## SOURCE MATERIAL
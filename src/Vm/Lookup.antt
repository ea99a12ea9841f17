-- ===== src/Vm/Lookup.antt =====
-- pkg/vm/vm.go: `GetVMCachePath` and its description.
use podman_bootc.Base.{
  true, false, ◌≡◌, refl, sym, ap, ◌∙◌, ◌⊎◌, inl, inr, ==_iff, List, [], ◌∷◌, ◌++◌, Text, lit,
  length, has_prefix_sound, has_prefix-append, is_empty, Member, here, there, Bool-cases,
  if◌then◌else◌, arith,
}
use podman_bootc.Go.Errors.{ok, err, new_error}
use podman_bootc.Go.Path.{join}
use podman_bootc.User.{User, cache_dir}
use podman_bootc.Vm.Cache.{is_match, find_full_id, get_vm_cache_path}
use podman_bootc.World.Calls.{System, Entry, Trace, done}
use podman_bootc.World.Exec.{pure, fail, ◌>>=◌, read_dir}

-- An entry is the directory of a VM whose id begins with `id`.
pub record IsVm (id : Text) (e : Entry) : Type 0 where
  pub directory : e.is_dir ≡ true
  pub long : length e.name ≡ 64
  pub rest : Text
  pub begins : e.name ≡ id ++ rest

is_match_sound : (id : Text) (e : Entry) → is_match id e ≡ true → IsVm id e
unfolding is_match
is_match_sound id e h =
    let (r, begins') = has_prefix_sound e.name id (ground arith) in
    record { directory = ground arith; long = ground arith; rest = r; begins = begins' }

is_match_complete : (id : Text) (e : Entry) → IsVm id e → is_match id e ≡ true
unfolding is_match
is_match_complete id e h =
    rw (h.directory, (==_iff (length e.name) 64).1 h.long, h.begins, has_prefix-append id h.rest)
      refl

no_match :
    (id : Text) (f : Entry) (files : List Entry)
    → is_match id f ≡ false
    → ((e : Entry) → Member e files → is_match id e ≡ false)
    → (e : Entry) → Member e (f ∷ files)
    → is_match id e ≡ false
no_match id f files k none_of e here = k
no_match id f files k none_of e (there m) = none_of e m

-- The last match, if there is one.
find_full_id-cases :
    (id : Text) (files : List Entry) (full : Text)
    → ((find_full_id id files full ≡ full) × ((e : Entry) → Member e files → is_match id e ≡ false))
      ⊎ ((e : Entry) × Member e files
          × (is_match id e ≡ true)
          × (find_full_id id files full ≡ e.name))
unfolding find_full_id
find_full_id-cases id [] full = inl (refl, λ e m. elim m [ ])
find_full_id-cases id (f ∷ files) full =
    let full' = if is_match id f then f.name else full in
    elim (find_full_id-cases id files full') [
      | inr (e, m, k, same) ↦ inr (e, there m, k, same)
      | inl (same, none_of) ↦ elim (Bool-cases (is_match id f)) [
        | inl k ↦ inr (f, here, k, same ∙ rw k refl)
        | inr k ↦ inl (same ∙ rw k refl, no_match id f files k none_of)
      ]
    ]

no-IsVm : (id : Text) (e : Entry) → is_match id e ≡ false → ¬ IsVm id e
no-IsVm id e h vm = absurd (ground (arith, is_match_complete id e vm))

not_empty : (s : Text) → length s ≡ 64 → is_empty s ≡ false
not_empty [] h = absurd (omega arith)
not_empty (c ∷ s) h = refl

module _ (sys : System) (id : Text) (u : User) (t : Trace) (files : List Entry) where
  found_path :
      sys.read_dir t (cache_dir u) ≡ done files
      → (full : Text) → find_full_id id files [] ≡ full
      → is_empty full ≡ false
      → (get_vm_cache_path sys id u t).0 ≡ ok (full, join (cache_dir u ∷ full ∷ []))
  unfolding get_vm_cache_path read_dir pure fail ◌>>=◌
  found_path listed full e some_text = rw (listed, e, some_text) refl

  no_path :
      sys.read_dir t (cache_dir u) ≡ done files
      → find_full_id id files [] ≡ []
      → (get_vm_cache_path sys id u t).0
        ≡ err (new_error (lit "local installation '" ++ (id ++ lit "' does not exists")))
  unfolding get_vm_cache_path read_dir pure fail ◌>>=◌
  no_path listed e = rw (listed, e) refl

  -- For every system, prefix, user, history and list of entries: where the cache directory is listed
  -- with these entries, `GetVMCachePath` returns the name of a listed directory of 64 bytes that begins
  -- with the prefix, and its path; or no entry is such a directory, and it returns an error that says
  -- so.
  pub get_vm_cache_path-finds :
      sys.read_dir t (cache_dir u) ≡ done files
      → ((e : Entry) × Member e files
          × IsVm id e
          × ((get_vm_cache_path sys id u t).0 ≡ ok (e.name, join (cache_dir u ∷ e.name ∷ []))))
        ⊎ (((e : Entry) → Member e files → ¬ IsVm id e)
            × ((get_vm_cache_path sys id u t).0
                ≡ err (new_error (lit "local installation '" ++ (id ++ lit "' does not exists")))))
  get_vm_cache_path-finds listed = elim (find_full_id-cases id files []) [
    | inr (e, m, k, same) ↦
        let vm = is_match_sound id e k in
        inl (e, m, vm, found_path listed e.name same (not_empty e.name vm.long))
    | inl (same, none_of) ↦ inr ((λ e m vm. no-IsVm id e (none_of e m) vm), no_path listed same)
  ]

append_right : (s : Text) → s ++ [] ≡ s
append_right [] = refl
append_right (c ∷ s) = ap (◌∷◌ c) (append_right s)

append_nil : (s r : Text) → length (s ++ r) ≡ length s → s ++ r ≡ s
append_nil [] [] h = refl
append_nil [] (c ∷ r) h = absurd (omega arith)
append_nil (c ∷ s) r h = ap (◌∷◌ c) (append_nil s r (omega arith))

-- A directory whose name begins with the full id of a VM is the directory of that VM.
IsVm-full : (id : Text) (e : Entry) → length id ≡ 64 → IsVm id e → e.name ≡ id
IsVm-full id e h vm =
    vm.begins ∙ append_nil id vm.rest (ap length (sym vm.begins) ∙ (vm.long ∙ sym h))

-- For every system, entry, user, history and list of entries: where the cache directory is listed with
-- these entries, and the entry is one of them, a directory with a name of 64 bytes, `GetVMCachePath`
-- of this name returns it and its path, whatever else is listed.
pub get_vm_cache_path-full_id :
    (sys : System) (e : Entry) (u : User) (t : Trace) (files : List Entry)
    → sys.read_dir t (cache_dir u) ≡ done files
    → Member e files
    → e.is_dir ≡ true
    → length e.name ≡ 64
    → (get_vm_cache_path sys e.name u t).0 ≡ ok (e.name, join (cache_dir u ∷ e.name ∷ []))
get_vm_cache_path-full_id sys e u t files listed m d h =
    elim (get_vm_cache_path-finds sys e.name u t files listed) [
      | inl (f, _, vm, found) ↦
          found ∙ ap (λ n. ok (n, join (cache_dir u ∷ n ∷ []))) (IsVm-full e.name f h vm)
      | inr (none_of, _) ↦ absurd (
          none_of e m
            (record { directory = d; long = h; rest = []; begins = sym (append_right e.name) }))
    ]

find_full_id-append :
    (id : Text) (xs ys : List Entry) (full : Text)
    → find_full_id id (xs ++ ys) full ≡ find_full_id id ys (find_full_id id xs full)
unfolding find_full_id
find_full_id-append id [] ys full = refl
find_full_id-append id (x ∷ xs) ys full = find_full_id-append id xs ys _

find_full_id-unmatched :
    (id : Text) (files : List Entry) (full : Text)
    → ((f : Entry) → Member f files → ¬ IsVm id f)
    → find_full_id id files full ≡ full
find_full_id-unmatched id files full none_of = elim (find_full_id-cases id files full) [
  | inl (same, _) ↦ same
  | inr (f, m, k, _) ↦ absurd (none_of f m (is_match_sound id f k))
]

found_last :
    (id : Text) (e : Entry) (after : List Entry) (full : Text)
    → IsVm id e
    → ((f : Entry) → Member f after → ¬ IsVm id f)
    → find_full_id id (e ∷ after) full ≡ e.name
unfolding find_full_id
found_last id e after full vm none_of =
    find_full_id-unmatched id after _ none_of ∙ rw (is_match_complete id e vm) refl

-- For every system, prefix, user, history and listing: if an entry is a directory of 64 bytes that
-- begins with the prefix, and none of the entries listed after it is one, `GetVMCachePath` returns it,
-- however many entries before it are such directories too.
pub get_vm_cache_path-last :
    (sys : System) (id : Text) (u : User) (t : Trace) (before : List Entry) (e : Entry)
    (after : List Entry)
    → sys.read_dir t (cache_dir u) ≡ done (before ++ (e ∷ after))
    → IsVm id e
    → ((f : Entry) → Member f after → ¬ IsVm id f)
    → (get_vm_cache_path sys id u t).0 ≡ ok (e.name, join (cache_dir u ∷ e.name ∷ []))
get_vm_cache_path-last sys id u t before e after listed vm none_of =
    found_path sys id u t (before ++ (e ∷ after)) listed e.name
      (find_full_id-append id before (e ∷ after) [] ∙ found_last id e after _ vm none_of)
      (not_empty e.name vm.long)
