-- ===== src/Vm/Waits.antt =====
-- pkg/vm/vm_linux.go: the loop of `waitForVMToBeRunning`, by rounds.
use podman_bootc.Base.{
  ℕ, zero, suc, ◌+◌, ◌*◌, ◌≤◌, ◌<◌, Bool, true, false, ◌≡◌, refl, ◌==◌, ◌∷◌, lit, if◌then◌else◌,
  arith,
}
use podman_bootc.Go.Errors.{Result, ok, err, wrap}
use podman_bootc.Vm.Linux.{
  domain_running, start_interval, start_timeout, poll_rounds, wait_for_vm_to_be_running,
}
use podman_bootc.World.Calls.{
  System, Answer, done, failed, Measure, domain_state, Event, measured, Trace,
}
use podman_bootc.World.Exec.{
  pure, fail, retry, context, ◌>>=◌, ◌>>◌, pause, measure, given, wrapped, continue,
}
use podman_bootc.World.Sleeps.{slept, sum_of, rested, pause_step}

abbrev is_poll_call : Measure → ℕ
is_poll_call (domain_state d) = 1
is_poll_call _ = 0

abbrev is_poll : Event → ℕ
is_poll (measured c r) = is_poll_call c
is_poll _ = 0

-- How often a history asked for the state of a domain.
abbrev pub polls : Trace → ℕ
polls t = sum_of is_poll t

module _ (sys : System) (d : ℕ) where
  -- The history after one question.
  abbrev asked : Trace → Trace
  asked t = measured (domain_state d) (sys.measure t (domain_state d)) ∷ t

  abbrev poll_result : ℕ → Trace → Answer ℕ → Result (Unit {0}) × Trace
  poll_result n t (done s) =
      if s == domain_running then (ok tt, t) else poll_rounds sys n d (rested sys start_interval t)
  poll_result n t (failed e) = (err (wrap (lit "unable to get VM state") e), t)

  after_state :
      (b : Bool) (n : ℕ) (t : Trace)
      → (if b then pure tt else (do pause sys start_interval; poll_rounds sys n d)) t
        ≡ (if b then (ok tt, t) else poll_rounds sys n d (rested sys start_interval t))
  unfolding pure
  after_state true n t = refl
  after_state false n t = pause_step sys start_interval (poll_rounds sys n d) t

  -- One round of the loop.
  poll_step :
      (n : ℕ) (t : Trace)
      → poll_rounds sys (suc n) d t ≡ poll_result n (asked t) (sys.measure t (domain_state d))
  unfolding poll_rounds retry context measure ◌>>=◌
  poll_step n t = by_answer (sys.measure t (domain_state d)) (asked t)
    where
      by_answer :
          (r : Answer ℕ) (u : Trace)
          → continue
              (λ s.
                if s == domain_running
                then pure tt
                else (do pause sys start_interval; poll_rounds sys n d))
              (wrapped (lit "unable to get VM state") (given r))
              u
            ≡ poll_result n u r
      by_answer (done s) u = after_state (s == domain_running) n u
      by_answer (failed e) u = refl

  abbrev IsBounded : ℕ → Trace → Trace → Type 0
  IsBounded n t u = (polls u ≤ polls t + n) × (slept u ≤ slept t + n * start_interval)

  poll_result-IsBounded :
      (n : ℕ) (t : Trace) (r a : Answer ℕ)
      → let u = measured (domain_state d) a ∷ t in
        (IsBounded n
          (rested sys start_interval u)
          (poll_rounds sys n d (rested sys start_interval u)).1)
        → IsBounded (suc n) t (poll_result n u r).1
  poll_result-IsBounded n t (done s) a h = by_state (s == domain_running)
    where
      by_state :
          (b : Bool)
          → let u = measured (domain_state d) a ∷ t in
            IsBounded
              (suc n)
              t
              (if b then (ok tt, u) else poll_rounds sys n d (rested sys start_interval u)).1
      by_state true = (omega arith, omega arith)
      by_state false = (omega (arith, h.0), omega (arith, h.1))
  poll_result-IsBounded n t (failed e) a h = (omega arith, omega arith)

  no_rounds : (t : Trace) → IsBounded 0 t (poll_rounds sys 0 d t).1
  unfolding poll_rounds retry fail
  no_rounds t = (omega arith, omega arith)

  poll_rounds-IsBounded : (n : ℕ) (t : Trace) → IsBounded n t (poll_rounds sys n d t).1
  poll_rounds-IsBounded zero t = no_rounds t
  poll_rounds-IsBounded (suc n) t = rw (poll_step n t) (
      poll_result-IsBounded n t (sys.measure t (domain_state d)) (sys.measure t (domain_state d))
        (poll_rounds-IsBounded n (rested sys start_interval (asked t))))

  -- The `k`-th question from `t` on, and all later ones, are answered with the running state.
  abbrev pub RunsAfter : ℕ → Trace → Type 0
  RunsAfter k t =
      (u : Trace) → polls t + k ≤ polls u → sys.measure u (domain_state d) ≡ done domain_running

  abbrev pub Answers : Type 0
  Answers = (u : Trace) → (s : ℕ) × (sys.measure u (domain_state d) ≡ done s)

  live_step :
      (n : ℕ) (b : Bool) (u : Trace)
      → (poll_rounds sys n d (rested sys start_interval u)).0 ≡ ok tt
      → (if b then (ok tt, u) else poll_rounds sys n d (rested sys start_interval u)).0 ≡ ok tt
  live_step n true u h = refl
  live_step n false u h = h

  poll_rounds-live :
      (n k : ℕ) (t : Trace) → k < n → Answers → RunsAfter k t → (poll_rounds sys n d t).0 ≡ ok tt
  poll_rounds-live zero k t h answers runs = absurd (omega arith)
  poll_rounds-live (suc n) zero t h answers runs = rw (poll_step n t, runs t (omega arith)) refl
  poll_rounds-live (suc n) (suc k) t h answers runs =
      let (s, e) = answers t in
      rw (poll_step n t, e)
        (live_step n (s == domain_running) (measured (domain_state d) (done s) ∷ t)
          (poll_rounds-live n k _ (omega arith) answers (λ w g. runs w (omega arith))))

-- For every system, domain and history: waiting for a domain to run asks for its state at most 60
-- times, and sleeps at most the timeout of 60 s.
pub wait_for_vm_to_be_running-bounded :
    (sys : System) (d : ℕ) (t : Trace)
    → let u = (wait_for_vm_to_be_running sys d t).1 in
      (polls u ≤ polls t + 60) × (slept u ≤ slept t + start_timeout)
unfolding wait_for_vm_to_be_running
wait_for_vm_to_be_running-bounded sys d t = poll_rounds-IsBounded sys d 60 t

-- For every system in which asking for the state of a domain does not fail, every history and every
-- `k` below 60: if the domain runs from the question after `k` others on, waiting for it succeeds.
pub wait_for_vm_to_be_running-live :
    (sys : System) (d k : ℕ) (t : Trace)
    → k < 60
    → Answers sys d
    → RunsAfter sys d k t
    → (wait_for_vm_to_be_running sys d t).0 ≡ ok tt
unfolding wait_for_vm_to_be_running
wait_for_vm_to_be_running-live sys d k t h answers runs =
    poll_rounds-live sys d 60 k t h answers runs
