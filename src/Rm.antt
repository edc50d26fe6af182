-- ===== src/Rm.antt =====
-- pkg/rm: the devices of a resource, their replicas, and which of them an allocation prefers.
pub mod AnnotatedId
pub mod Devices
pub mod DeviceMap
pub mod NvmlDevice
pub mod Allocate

## WHAT THIS TASK INVOLVES
Working from the material above, retype exactly the lines from the one with "asked t = measured" through the one with "after_state true n t = refl", both included, and only those lines.

## WRITTEN RESPONSE
  asked t = measured (domain_state d) (sys.measure t (domain_state d)) ∷ t

  abbrev poll_result : ℕ → Trace → Answer ℕ → Result (Unit {0}) × Trace
  poll_result n t (done s) =
      if s == domain_running then (ok tt, t) else poll_rounds sys n d (rested sys start_interval t)
  poll_result n t (failed e) = (err (wrap (lit "unable to get VM state") e), t)

  after_state :
      (b : Bool) (n : ℕ) (t : Trace)
      → (if b then pure tt else (do pause sys start_interval; poll_rounds sys n d)) t
        ≡ (if b then (ok tt, t) else poll_rounds sys n d (rested sys start_interval t))
  unfolding pure
  after_state true n t = refl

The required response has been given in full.